=== Prompt ===
Within the data below, count the lines that include "regular" and give only the count.

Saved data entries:
※
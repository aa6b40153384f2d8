-- ===== src/Filesystem/Files.antt =====
-- server/filesystem/filesystem.go: writing and copying the files of a server, with their charges. The data
-- directory is a list of its entries under their full paths.
pub mod Charges
pub mod Copies
mod Examples
use feathers.Prelude.{
  ℕ, ◌+◌, ◌-◌, ◌/◌, ◌%◌, Bool, true, false, not, ◌&&◌, ◌||◌, Option, none, some, List, [], ◌∷◌,
  ◌++◌, ltb, ◌==◌, min, drop, if◌then◌else◌, zero, suc, inl, inr, ◌⊎◌, reverse,
}
use Prim.Native.Nat.{max}
use feathers.Prelude.Int.{ℤ, pos, negsuc, sub64, eqb_ℤ}
use feathers.Prelude.Text.{Text, codes, text_eq, has_prefix}
use feathers.Quota.{add}
use feathers.Filesystem.Disk.{Filesystem, Error, has_space_for}

-- A directory, or a regular file of a size.
pub data Node : Type 0 where
  directory : Node
  file : ℕ → Node

pub record Volume : Type 0 where
  pub entries : List (Text × Node)
  pub fs : Filesystem

pub data Failure : Type 0 where
  stat_failed is_directory no_space touch_failed chown_failed copy_failed not_exist : Failure

-- What copying from a reader gives: how many bytes can be moved, and whether there is an error then.
pub record Reader : Type 0 where
  pub bytes : ℕ
  pub fine : Bool

-- Whether the calls of the system succeed.
pub record Calls : Type 0 where
  pub stat : Bool
  pub touch : Bool
  pub chown : Bool

unfoldable pub lookup : Text → List (Text × Node) → Option Node
lookup p [] = none
lookup p ((q, n) ∷ es) = let rest = lookup p es in if text_eq q p then some n else rest

unfoldable pub put : Text → Node → List (Text × Node) → List (Text × Node)
put p n [] = (p, n) ∷ []
put p n ((q, m) ∷ es) = let rest = put p n es in if text_eq q p then (q, n) ∷ es else (q, m) ∷ rest

-- The size of a file that is there, and 0 for none.
abbrev pub size_of : Option Node → ℕ
size_of none = 0
size_of (some directory) = 0
size_of (some (file n)) = n

-- `fs.unixFS.Add`
unfoldable pub charge : ℤ → Volume → Volume
unfolding add
charge i v = record v { fs = record v.fs { quota = (add i v.fs.quota).0 } }

-- The end of a write: the owner, and then the error of the copy.
unfoldable pub finish_write : Calls → Bool → Volume → Volume × Option Failure
finish_write calls fine v =
    (v, if not calls.chown then some chown_failed else if fine then none else some copy_failed)

-- After the check of the old file, of a size: `Touch`, the copy and the charge.
unfoldable pub writefile_at : Text → Reader → Calls → ℕ → Volume → Volume × Option Failure
unfolding put charge finish_write
writefile_at p r calls current v =
    let v' =
      charge (sub64 (pos r.bytes) (pos current))
        (record v { entries = put p (file r.bytes) v.entries }) in
    if not calls.touch then (v, some touch_failed) else finish_write calls r.fine v'

-- What is done, unless there is no space.
unfoldable pub unless_full :
    Option Error → Volume → Volume × Option Failure → Volume × Option Failure
unless_full (some e) v done = (v, some no_space)
unless_full none v done = done

abbrev pub limit : ℤ → ℕ
limit (pos n) = n
limit (negsuc n) = 0

-- The same for `Write`, with a limit on what is read and without a copy for a new size of 0.
unfoldable pub write_at : Text → Reader → ℤ → Calls → ℕ → Volume → Volume × Option Failure
unfolding put charge finish_write unless_full
write_at p r new_size calls current v =
    let n = min r.bytes (limit new_size) in
    let moved = if eqb_ℤ new_size (pos 0) then 0 else n in
    let fine = eqb_ℤ new_size (pos 0) || r.fine || not (ltb r.bytes (limit new_size)) in
    let v' =
      charge (sub64 (pos moved) (pos current))
        (record v { entries = put p (file moved) v.entries }) in
    unless_full (has_space_for (sub64 new_size (pos current)) v.fs) v
      (if not calls.touch then (v, some touch_failed) else finish_write calls fine v')

-- The check of what is there, before a write.
unfoldable pub checked :
    Calls → Option Node → (ℕ → Volume × Option Failure) → Volume → Volume × Option Failure
checked calls (some directory) next v =
    if not calls.stat then (v, some stat_failed) else (v, some is_directory)
checked calls (some (file n)) next v =
    let done = next n in if not calls.stat then (v, some stat_failed) else done
checked calls none next v =
    let done = next 0 in if not calls.stat then (v, some stat_failed) else done

unfoldable pub writefile : Text → Reader → Calls → Volume → Volume × Option Failure
unfolding checked writefile_at lookup
writefile p r calls v =
    checked calls (lookup p v.entries) (λ current. writefile_at p r calls current v) v

unfoldable pub write : Text → Reader → ℤ → Calls → Volume → Volume × Option Failure
unfolding checked write_at lookup
write p r new_size calls v =
    checked calls (lookup p v.entries) (λ current. write_at p r new_size calls current v) v

-- `filepath.Ext` on a name, reversed: the part before the extension, and the extension, which begins at
-- the last dot.
unfoldable pub split_reversed : Text → Text → Text × Text
split_reversed acc [] = ([], acc)
split_reversed acc (c ∷ cs) =
    let rest = split_reversed (c ∷ acc) cs in if c == b'.' then (cs, c ∷ acc) else rest

-- The name without its extension, reversed, and the extension; a name without a dot has none.
unfoldable pub split_extension : Text → Text × Text
unfolding split_reversed
split_extension name =
    let (base, ext) = split_reversed [] (reverse name) in
    if text_eq base [] && not (has_prefix ext (codes ".")) then (reverse name, []) else (base, ext)

-- The names of a copy: ".tar" before the extension counts to it. The ends are compared reversed.
unfoldable pub split_name : Text → Text × Text
unfolding split_extension
split_name name =
    let (base, ext) = split_extension name in
    if has_prefix base (codes "rat.")
    then (reverse (drop 4 base), codes ".tar" ++ ext)
    else (reverse base, ext)

-- `strconv.Itoa` below 100.
unfoldable pub itoa : ℕ → Text
itoa i = if ltb i 10 then (48 + i) ∷ [] else (48 + i / 10) ∷ (48 + i % 10) ∷ []

unfoldable pub copy_suffix : ℕ → Text
unfolding itoa
copy_suffix i = if i == 0 then codes " copy" else codes " copy " ++ itoa i

-- A name that is free is taken, and one that is there is followed by the others.
unfoldable pub next_name : Option Bool → Text → Option Text → Option Text
next_name none n rest = none
next_name (some false) n rest = some n
next_name (some true) n rest = rest

-- The loop of `findCopySuffix` from an index on, for a number of rounds: `stat` tells whether a name is
-- there, or none for an error. After the last round the time is the suffix.
unfoldable pub find_copy_suffix : (Text → Option Bool) → Text → Text → Text → ℕ → ℕ → Option Text
unfolding copy_suffix next_name
find_copy_suffix stat now name ext i zero = some (name ++ (codes "copy." ++ now) ++ ext)
find_copy_suffix stat now name ext i (suc rounds) =
    let n = name ++ copy_suffix i ++ ext in
    let rest = find_copy_suffix stat now name ext (i + 1) rounds in next_name (stat n) n rest

abbrev pub is_there : Option Node → Bool
is_there none = false
is_there (some n) = true

-- What `Lstatat` tells of a name in a directory, where some names cannot be looked up.
unfoldable pub stat_in : Text → (Text → Bool) → Volume → Text → Option Bool
unfolding lookup
stat_in dir broken v n = if broken n then none else some (is_there (lookup (dir ++ n) v.entries))

-- What is moved into the copy, whose file is not truncated.
unfoldable pub copy_into :
    Text → Reader → ℕ → Calls → Option Node → Volume → Volume × Option Failure
unfolding put charge finish_write
copy_into p r current calls (some directory) v = (v, some touch_failed)
copy_into p r current calls old v =
    let n = min r.bytes current in
    let v' = charge (pos n) (record v { entries = put p (file (max (size_of old) n)) v.entries }) in
    if not calls.touch
    then (v, some touch_failed)
    else finish_write calls (r.fine || not (ltb r.bytes current)) v'

unfoldable pub copy_named :
    Text → Option Text → Reader → ℕ → Calls → Volume → Volume × Option Failure
unfolding copy_into lookup
copy_named dir none r current calls v = (v, some stat_failed)
copy_named dir (some n) r current calls v =
    copy_into (dir ++ n) r current calls (lookup (dir ++ n) v.entries) v

-- A regular file of a size, under a name in a directory.
unfoldable pub copy_file :
    Text → Text → Text → (Text → Bool) → Reader → Calls → ℕ → Volume → Volume × Option Failure
unfolding split_name find_copy_suffix stat_in copy_named unless_full
copy_file dir name now broken r calls current v =
    let (base, ext) = split_name name in
    let found = find_copy_suffix (stat_in dir broken v) now base ext 0 51 in
    let done = copy_named dir found r current calls v in
    unless_full (has_space_for (pos current) v.fs) v done

unfoldable pub copy_node :
    Text
    → Text
    → Text
    → (Text → Bool)
    → Reader
    → Calls
    → Option Node
    → Volume
    → Volume × Option Failure
unfolding copy_file
copy_node dir name now broken r calls none v = (v, some not_exist)
copy_node dir name now broken r calls (some directory) v = (v, some not_exist)
copy_node dir name now broken r calls (some (file current)) v =
    copy_file dir name now broken r calls current v

-- `Copy`
unfoldable pub copy :
    Text → Text → Text → (Text → Bool) → Reader → Calls → Volume → Volume × Option Failure
unfolding copy_node lookup
copy dir name now broken r calls v =
    let done = copy_node dir name now broken r calls (lookup (dir ++ name) v.entries) v in
    if not calls.stat then (v, some stat_failed) else done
※
=== Exercise output ===
2